Les 18
Ons op de dag des oordeels voorbereiden
Inleiding
Het sterfelijk leven is de tijd om ons erop voor te bereiden God te ontmoeten. Het Boek van Mormon verklaart wat er met onze geest gebeurt tussen de dood en de opstanding. Nadat onze geest is verenigd met ons onsterfelijke lichaam, verschijnen we voor de rechterstoel van God, waar onze daden en de verlangens van ons hart onze eeuwige beloning zullen bepalen.
Achtergrondinformatie
-
Dallin H. Oaks, ‘Resurrection’, Ensign, mei 2000, 14–16.
-
D. Todd Christofferson, ‘De opstanding van Jezus Christus’, Liahona, mei 2014, 111–114.
-
‘De dood en de opstanding begrijpen’ hoofdstuk 37 in Leringen van kerkpresidenten: Brigham Young (1997), 272–278.
Onderwijsideeën
Alma 34:32–34; 40:6–7, 11–14
Na de dood gaan de rechtvaardigen naar het paradijs en de goddelozen naar de gevangenis in de geestenwereld
Zet de volgende vraag op het bord vóór de les begint:
Laat de cursisten deze vraag beantwoorden. Herinner hen er dan aan dat het Boek van Mormon ons begrip van de zin van het aardse leven verbetert en ons leert dat het leven verdergaat na de dood.

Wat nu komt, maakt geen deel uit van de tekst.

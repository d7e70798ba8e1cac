-- ===== src/Srpc/EndToEnd.antt =====
-- A call from the synchronous client to the synchronous server and back.
use xdrpp.Common.{
  ℕ, suc, ◌+◌, ◌%◌, ◌^◌, ◌<◌, ◌≡◌, refl, sym, ap, ◌∙◌, arith, Bool, some, List, [], ◌∷◌, ◌++◌,
  length, append-nil, append_assoc, length-append, if_true, eq→==,
}
use xdrpp.Common.Result.{ok, ◌>>=◌}
use xdrpp.Types.{Ty, Schema, kind, with_mem_ptr, labelled_field}
use xdrpp.Marshal.Words.{be32, length-be32}
use xdrpp.Marshal.Bytes.{padded}
use xdrpp.Marshal.Put.Encode.{encode, IsWhole, append-IsWhole}
use xdrpp.Marshal.Get.{get_done}
use xdrpp.Message.{Message, Arg, raw_data, raw_size, get_args, open_get}
use xdrpp.Message.Args.{types, values, ArgsFit, encode_args, encode_args-IsWhole}
use xdrpp.Message.Levels.{ArgsFit-two}
use xdrpp.Message.RoundTrip.{xdr_to_msg_lem, get_args_lem}
use xdrpp.MsgSock.Input.{ReadResult, got}
use xdrpp.RpcMsg.{CallBody, rbody, areply, results, RpcMsg, rpc_msg, rpc_schema, msg_val}
use xdrpp.RpcMsg.Codec.{IsMsg, msg-Fits}
use xdrpp.RpcMsg.Archive.{archive_hdr, encode_hdr, archive_hdr-encode_hdr}
use xdrpp.RpcMsg.CallStat.{check_call_hdr, check_accepted}
use xdrpp.Server.Errors.{words}
use xdrpp.Server.Registry.{Procedure, Service, Servers}
use xdrpp.Server.Dispatch.{dispatch}
use xdrpp.Server.Dispatch.Routes.{find_proc, replied, call_hdr, IsServed, arg_limit, open_get_lem}
use xdrpp.Server.Dispatch.Results.{framed_bytes, success_words, success_bytes, dispatch_result}
use xdrpp.Srpc.{
  received, read_message, written, write_message, no_auth, prepare_call, new_hdr, Invoked, or_raise,
  returned, take_result, check_reply, take_reply, after_write, send_and_receive, invoke,
}
use xdrpp.Srpc.Frames.{IsPassed, Receives, read_message-Receives}
use xdrpp.Srpc.Serve.{served, serve_read, run_once, answered, loopback}

-- The header of a success.
abbrev pub success_hdr : ℕ → RpcMsg
success_hdr xid = record {
  xid = xid;
  body = rbody (areply (record { verf = no_auth; reply_data = results }));
}

-- `write` has taken the whole message.
write_message_lem :
    (bs : List ℕ)
    → write_message (some (length (raw_data (framed_bytes bs)))) (framed_bytes bs)
      ≡ written (raw_data (framed_bytes bs))
unfolding write_message
write_message_lem bs = if_true _ _ (
    eq→== (length (raw_data (framed_bytes bs))) (raw_size (framed_bytes bs)) (
      omega
        (arith, length-append (be32 (length bs + 2 ^ 31)) bs, length-be32 (length bs + 2 ^ 31))))

-- One piece that is a whole message.
receive_framed :
    (be : Bool) (bs : List ℕ)
    → length bs < 2 ^ 31
    → IsPassed be (length bs)
    → Receives bs [] (read_message be (got (raw_data (framed_bytes bs)) ∷ []))
receive_framed be bs h p =
    read_message-Receives be bs [] (got (raw_data (framed_bytes bs)) ∷ []) h p
      (
        omega
            (arith, length-append (be32 (length bs + 2 ^ 31)) bs, length-be32 (length bs + 2 ^ 31)),
        tt,
      )
      (append_assoc (be32 (length bs + 2 ^ 31)) bs [])

module _ (be : Bool) (application : Schema) (depth L : ℕ) where
  abbrev pub lim : ℕ
  lim = suc (suc (suc (suc (suc (suc L)))))

  abbrev pub sch : Schema
  sch = rpc_schema application

  encode_hdr-success_hdr :
      (xid : ℕ) → encode_hdr be application lim (success_hdr xid) ≡ words (success_words xid)
  unfolding encode kind with_mem_ptr labelled_field padded be32
  encode_hdr-success_hdr xid = refl

  success_bytes-IsWhole :
      (xid : ℕ) (res : List Arg) → IsWhole (success_bytes be application depth L xid res)
  success_bytes-IsWhole xid res =
      append-IsWhole (words (success_words xid)) (encode_args sch lim res) (unfold be32 in refl)
        (encode_args-IsWhole sch lim res)

  -- The client reads the result of a reply.
  take_result_lem :
      (res : List Arg)
      → ArgsFit sch lim res
      → take_result be application depth lim (types res) (encode_args sch lim res)
        ≡ returned (values res)
  unfolding take_result get_done
  take_result_lem res f = rw read refl
    where
      read : get_args be sch depth lim (types res) (encode_args sch lim res) ≡ ok (values res, [])
      read = rw append-nil at (get_args_lem be sch lim depth res [] f)

  check_reply_lem :
      (xid : ℕ) (ts : List Ty) (rest : List ℕ)
      → check_reply be application depth lim ts xid (success_hdr xid) rest
        ≡ take_result be application depth lim ts rest
  unfolding check_reply check_call_hdr check_accepted
  check_reply_lem xid ts rest = if_true _ _ (eq→== xid xid refl)

  -- Opening a reply with a result, and reading its header.
  pub archive_success :
      (xid : ℕ) (res : List Arg)
      → xid < 2 ^ 32
      → (open_get be sch depth lim (success_bytes be application depth L xid res) >>= λ inp.
          archive_hdr be application lim inp)
        ≡ ok (success_hdr xid, encode_args sch lim res)
  archive_success xid res h =
      ap (λ r. r >>= λ inp. archive_hdr be application lim inp)
        (open_get_lem be application depth L (success_bytes be application depth L xid res)
          (success_bytes-IsWhole xid res))
      ∙ ap (λ bs. archive_hdr be application lim (bs ++ encode_args sch lim res))
          (sym (encode_hdr-success_hdr xid))
      ∙ archive_hdr-encode_hdr be application L (success_hdr xid) (encode_args sch lim res)
          (h, ((omega arith, omega arith), tt))

  take_reply_lem :
      (xid : ℕ) (res : List Arg) (kernel : List ReadResult)
      → xid < 2 ^ 32
      → ArgsFit sch lim res
      → take_reply be application depth lim
          (types res)
          xid
          (received (success_bytes be application depth L xid res) kernel)
        ≡ returned (values res)
  unfolding take_reply open_get
  take_reply_lem xid res kernel h f =
      ap (or_raise checks) (archive_success xid res h)
      ∙ check_reply_lem xid (types res) (encode_args sch lim res)
      ∙ take_result_lem res f
    where
      checks : RpcMsg × List ℕ → Invoked
      checks (hdr, rest) = check_reply be application depth lim (types res) xid hdr rest

-- The fields of the call that `prepare_call` makes.
abbrev pub prepared : ℕ → ℕ → ℕ → CallBody
prepared prog vers proc = record {
  rpcvers = 2;
  prog = prog;
  vers = vers;
  proc = proc;
  cred = no_auth;
  verf = no_auth;
}

abbrev pub next_xid : ℕ → ℕ
next_xid xid_counter = (xid_counter + 1) % 2 ^ 32

prepare_call_lem :
    (prog vers proc xid_counter : ℕ)
    → prepare_call prog vers proc new_hdr xid_counter
      ≡ call_hdr (next_xid xid_counter) (prepared prog vers proc)
unfolding prepare_call
prepare_call_lem prog vers proc xid_counter = refl

module _ (client server : Bool) (application : Schema) (depth L : ℕ) where
  abbrev limit : ℕ
  limit = lim client application depth L

  abbrev schema : Schema
  schema = sch client application depth L

  -- The content of the message of a call.
  abbrev pub call_bytes : ℕ → CallBody → List Arg → List ℕ
  call_bytes xid c args =
      encode_hdr client application limit (call_hdr xid c) ++ encode_args schema limit args

  -- The server's end: a message that `dispatch` replies to is followed by the reply.
  loopback_lem :
      (servers : Servers) (bs : List ℕ) (m : Message)
      → length bs < 2 ^ 31
      → IsPassed server (length bs)
      → dispatch server application depth limit servers bs ≡ replied m
      → (loopback server application depth limit servers (raw_data (framed_bytes bs))).1
        ≡ got (raw_data m) ∷ []
  unfolding loopback run_once serve_read answered
  loopback_lem servers bs m h p d =
      let r : Receives bs [] (read_message server (got (raw_data (framed_bytes bs)) ∷ [])) =
        receive_framed server bs h p in
      ap (λ r. answered (serve_read server application depth limit servers r)) r.ends
      ∙ ap (λ a. answered (served a r.left)) d

  send_and_receive_lem :
      (servers : Servers) (ts : List Ty) (xid : ℕ) (bs reply : List ℕ)
      → length bs < 2 ^ 31
      → IsPassed server (length bs)
      → length reply < 2 ^ 31
      → IsPassed client (length reply)
      → dispatch server application depth limit servers bs ≡ replied (framed_bytes reply)
      → (kernel : List ReadResult) × (send_and_receive client application depth limit
            (loopback server application depth limit servers)
            ts
            xid
            (framed_bytes bs)
          ≡ take_reply client application depth limit ts xid (received reply kernel))
  unfolding send_and_receive after_write loopback
  send_and_receive_lem servers ts xid bs reply h p h' p' d =
      let r : Receives reply [] (read_message client (got (raw_data (framed_bytes reply)) ∷ [])) =
        receive_framed client reply h' p' in
      (
        r.left,
        ap (λ w. after_write client application depth limit ts xid w replies) (write_message_lem bs)
            ∙ ap (λ k. take_reply client application depth limit ts xid (read_message client k))
                (loopback_lem servers bs (framed_bytes reply) h p d)
            ∙ ap (take_reply client application depth limit ts xid) r.ends,
      )
    where
      replies : List ReadResult
      replies = (loopback server application depth limit servers (raw_data (framed_bytes bs))).1

  -- A call goes through: where the server has the procedure, the arguments fit its types within two
  -- levels fewer than the limit of the stack (the server reads them behind a tuple and a pointer), the method
  -- returns a result that fits its types, and the marks of both messages (shorter than 2 ^ 31 bytes)
  -- pass the test of `read_message` on the machine that reads them, `invoke` returns the very result
  -- that the method returned on the arguments, between machines of any byte orders and whatever the
  -- counter of the xids is.
  pub invoke-loopback :
      (servers : Servers) (xid_counter prog vers proc : ℕ) (s : Service) (p : Procedure)
      (args res : List Arg)
      → (prog < 2 ^ 32) × (vers < 2 ^ 32) × (proc < 2 ^ 32)
      → IsServed servers (prepared prog vers proc) s
      → find_proc s.procs proc ≡ some p
      → types args ≡ p.arg
      → ArgsFit schema (arg_limit server application depth L) args
      → p.method (values args) ≡ ok res
      → ArgsFit schema limit res
      → let call : List ℕ = call_bytes (next_xid xid_counter) (prepared prog vers proc) args in
        let reply : List ℕ = success_bytes server application depth L (next_xid xid_counter) res in
        (length call < 2 ^ 31)
        → IsPassed server (length call)
        → length reply < 2 ^ 31
        → IsPassed client (length reply)
        → invoke client application depth limit
            (loopback server application depth limit servers)
            xid_counter
            prog
            vers
            proc
            args
            (types res)
          ≡ returned (values res)
  unfolding invoke
  invoke-loopback servers xid_counter prog vers proc s p args res (hp, hv, hq) is_served found t f m
        g h q h' q' =
      ap (or_raise sends) (
        xdr_to_msg_lem client schema limit depth ((rpc_msg, msg_val hdr) ∷ args)
          (
            msg-Fits application L hdr is,
            (ArgsFit-two schema (arg_limit server application depth L) args f).0,
          )
          h)
      ∙ sent.1
      ∙ take_reply_lem client application depth L xid res sent.0 is.0 g
    where
      xid : ℕ
      xid = next_xid xid_counter

      hdr : RpcMsg
      hdr = call_hdr xid (prepared prog vers proc)

      is : IsMsg hdr
      is = (
        omega arith,
        (omega arith, hp, hv, hq, (omega arith, omega arith), (omega arith, omega arith)),
      )

      sends : Message → Invoked
      sends =
          send_and_receive client application depth limit
            (loopback server application depth limit servers) (types res) xid

      sent :
          (kernel : List ReadResult) × (send_and_receive client application depth limit
              (loopback server application depth limit servers)
              (types res)
              xid
              (framed_bytes (call_bytes xid (prepared prog vers proc) args))
            ≡ take_reply client application depth limit
                (types res)
                xid
                (received (success_bytes server application depth L xid res) kernel))
      sent =
          send_and_receive_lem servers (types res) xid
            (call_bytes xid (prepared prog vers proc) args)
            (success_bytes server application depth L xid res) h q h' q'
            (dispatch_result server application depth L servers xid (prepared prog vers proc) s p
              args res is refl is_served found t f m g h')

Vraag een cursist om Alma 34:32–34 voor te lezen terwijl de klas let op wat Amulek tegen de mensen in Ammonihah over de zin van het leven heeft gezegd.
-
In welke belangrijke leerstellingen over de zin van het leven heeft Amulek onderwezen? (De cursisten dienen meerdere leerstellingen uit deze passage te benoemen, waaronder de volgende: dit leven is de tijd om ons voor te bereiden God te ontmoeten.)
-
Op welke manier kunt u door deze leerstelling beter begrijpen hoe u uw dagelijks, sterfelijk leven dient te leiden?

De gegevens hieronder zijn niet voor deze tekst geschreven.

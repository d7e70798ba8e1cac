-- ===== src/Arpc/Calling.antt =====
-- The results of asynchronous calls.
use xdrpp.Common.{ℕ, ◌^◌, ◌<◌, ◌≡◌, refl, ap, ◌∙◌, Bool, some, List, [], ◌∷◌, append-nil}
use xdrpp.Common.Result.{Error, ok, throw}
use xdrpp.Types.{Schema}
use xdrpp.Marshal.Get.{get_done}
use xdrpp.Message.{Arg, get_args}
use xdrpp.Message.Args.{types, values, ArgsFit, encode_args}
use xdrpp.Message.RoundTrip.{get_args_lem}
use xdrpp.RpcMsg.CallStat.{garbage_res, rpc_call_stat, succeeded}
use xdrpp.Server.Dispatch.Results.{success_bytes}
use xdrpp.Srpc.EndToEnd.{success_hdr, archive_success, lim, sch}
use xdrpp.Arpc.{
  result, no_result, Callback, read_body, read_reply, catch_error, take_reply, on_reply,
}

module _ (be : Bool) (application : Schema) (depth L : ℕ) where
  abbrev pub limit : ℕ
  limit = lim be application depth L

  abbrev pub schema : Schema
  schema = sch be application depth L

  read_body_lem :
      (xid : ℕ) (res : List Arg)
      → ArgsFit schema limit res
      → read_body be application depth limit
          (types res)
          (success_hdr xid)
          (encode_args schema limit res)
        ≡ ok (result (values res))
  unfolding read_body get_done rpc_call_stat succeeded
  read_body_lem xid res f = rw read refl
    where
      read :
          get_args be schema depth limit (types res) (encode_args schema limit res)
          ≡ ok (values res, [])
      read = rw append-nil at (get_args_lem be schema limit depth res [] f)

  read_reply_lem :
      (xid : ℕ) (res : List Arg)
      → xid < 2 ^ 32
      → ArgsFit schema limit res
      → read_reply be application depth limit
          (types res)
          (success_bytes be application depth L xid res)
        ≡ ok (result (values res))
  unfolding read_reply
  read_reply_lem xid res x f =
      rw (archive_success be application depth L xid res x) (read_body_lem xid res f)

  pub on_reply_once :
      (xid : ℕ) (res : List Arg) (cb : Callback)
      → xid < 2 ^ 32
      → ArgsFit schema limit res
      → cb (result (values res)) ≡ ok tt
      → on_reply be application depth limit
          (types res)
          cb
          (some (success_bytes be application depth L xid res))
        ≡ (result (values res) ∷ [], ok tt)
  unfolding on_reply take_reply catch_error
  on_reply_once xid res cb x f h =
      ap (take_reply be application depth limit cb) (read_reply_lem xid res x f) ∙ rw h refl

  -- Behind a reply with a result the callback is called with the result; if it then throws an
  -- `xdr_runtime_error` itself, it is called a second time, and told that the result could not be
  -- read.
  pub on_reply_twice :
      (xid : ℕ) (res : List Arg) (cb : Callback) (e : Error)
      → xid < 2 ^ 32
      → ArgsFit schema limit res
      → cb (result (values res)) ≡ throw e
      → on_reply be application depth limit
          (types res)
          cb
          (some (success_bytes be application depth L xid res))
        ≡ (result (values res) ∷ no_result garbage_res ∷ [], cb (no_result garbage_res))
  unfolding on_reply take_reply catch_error
  on_reply_twice xid res cb e x f h =
      ap (take_reply be application depth limit cb) (read_reply_lem xid res x f) ∙ rw h refl
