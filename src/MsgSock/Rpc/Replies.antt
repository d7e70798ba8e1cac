-- ===== src/MsgSock/Rpc/Replies.antt =====
-- A reply finds the callback of its call.
use xdrpp.Common.{
  ℕ, ◌≤◌, ◌≡◌, refl, ◌∙◌, Bool, true, false, none, some, List, [], ◌∷◌, ◌++◌, length, ◌==◌, le→ltb,
  ==_refl, if_true, if_false,
}
use xdrpp.Common.Result.{ok, ◌>>=◌}
use xdrpp.Endian.{swap32, swap32le}
use xdrpp.MsgSock.Rpc.{
  Rpc, invoke, find, erase, emplace, word, answer, recv_reply, recv_whole, recv_msg, send_call,
  call, reply,
}

reply_no_call : (be : Bool) → (swap32le be reply == swap32le be call) ≡ false
unfolding swap32le swap32
reply_no_call true = refl
reply_no_call false = refl

pub emplace_new :
    (x cb : ℕ) (calls : List (ℕ × ℕ)) → find x calls ≡ none → emplace x cb calls ≡ (x, cb) ∷ calls
unfolding emplace
emplace_new x cb calls h = rw (emplace, h)

find_first : (x cb : ℕ) (calls : List (ℕ × ℕ)) → find x ((x, cb) ∷ calls) ≡ some cb
unfolding find
find_first x cb calls = if_true _ _ (==_refl x)

erase_first : (x cb : ℕ) (calls : List (ℕ × ℕ)) → erase x ((x, cb) ∷ calls) ≡ calls
unfolding erase
erase_first x cb calls = if_true _ _ (==_refl x)

answer_first :
    (x cb : ℕ) (m : List ℕ) (r : Rpc)
    → answer x m (record r { calls = (x, cb) ∷ r.calls })
      ≡ ok (record r { effects = r.effects ++ (invoke cb (some m) ∷ []) })
unfolding answer
answer_first x cb m r = rw (answer, find_first x cb r.calls, erase_first x cb r.calls)

module _ (be : Bool) (m : List ℕ) (x : ℕ) (long : 8 ≤ length m) (xid : word be 0 m ≡ ok x)
    (kind : word be 1 m ≡ ok (swap32le be reply)) where
  recv_msg-recv_reply : (r : Rpc) → recv_msg be (some m) r ≡ recv_reply be m r
  unfolding recv_msg recv_whole
  recv_msg-recv_reply r =
      if_false _ _ (le→ltb (length m) 8 long)
      ∙ rw kind (if_false _ _ (reply_no_call be) ∙ if_true _ _ (==_refl (swap32le be reply)))

  -- A message of at least eight bytes that is a reply, and has the first word of a call for which no
  -- entry was in `calls_` when it was sent, goes to that call's callback. The table is then what it
  -- was before the call, and the call has gone to the socket.
  pub send_call-recv_msg :
      (b : List ℕ) (cb : ℕ) (r : Rpc)
      → word be 0 b ≡ ok x
      → find x r.calls ≡ none
      → (send_call be b cb r >>= recv_msg be (some m))
        ≡ ok (record r {
          effects = r.effects ++ (invoke cb (some m) ∷ []);
          sent = r.sent ++ (b ∷ []);
        })
  unfolding send_call recv_reply
  send_call-recv_msg b cb r same unused =
      rw (same, emplace_new x cb r.calls unused)
        (recv_msg-recv_reply _
          ∙ rw xid (answer_first x cb m (record r { sent = r.sent ++ (b ∷ []) })))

Toon eventueel de volgende uitspraak van president Thomas S. Monson om deze leer te verduidelijken::
‘We begrijpen dat we naar de aarde zijn gekomen om te leren, te leven, om vooruitgang te maken op onze eeuwige reis naar volmaaktheid. Sommigen blijven kort op aarde, anderen hebben een lang leven. De maatstaf is niet de lengte van ons leven, maar de kwaliteit ervan.’ (‘He Is Risen’, Ensign, november 1981, 18.)
-
Waarom heeft Amulek ons gewaarschuwd de dag van onze bekering niet uit te stellen?
Toon het volgende citaat van president Henry B. Eyring van het Eerste Presidium en laat een cursist het voorlezen terwijl de klas op het gevaar van uitstellen let:
‘Er schuilt een gevaar in het woord ooit, als men er “nu nog niet” mee wil zeggen. “Ooit zal ik mij bekeren.” “Ooit zal ik hem vergeven.” “Ooit zal ik met mijn vrienden over de kerk praten.” “Ooit zal ik tiende gaan betalen.” “Ooit zal ik weer naar de tempel gaan.” “Ooit […]” De Schriften maken het gevaar van uitstel duidelijk [zie Alma 34:33–34]. […] Vandaag is een waardevol geschenk van God. De gedachte ‘ooit zal ik’ kan een dief blijken te zijn die ons berooft van mogelijkheden in dit leven en zegeningen in de eeuwigheid.’ (‘Vandaag’, Liahona, mei 2007, 89.)
Laat enkele cursisten beurtelings een vers uit Alma 40:6–7, 11–14 voorlezen. Vraag de klas mee te lezen en te letten op wat Alma zijn zoon Corianton leerde over wat er na onze dood met onze geest gebeurt. (Misschien moet u toelichten dat Alma met de woorden ‘buitenste duisternis’ niet naar de uiteindelijke staat van Satan en de verdoemden verwijst. Hij verwees daarentegen naar de staat van de goddelozen tussen het tijdstip van hun overlijden en van hun opstanding. We noemen die staat de geestengevangenis.)
-
Waarin verschilt de staat van de rechtvaardigen van de staat van de goddelozen na hun overlijden? (De cursisten dienen de volgende leerstelling te benoemen, eventueel anders verwoord: tussen de dood en de opstanding vertoeft de geest van de rechtvaardigen in het paradijs en de geest van de goddelozen in de gevangenis.)
-
Waarom is het belangrijk dat we begrijpen dat onze sterfelijke daden beïnvloeden wat we na onze dood ervaren?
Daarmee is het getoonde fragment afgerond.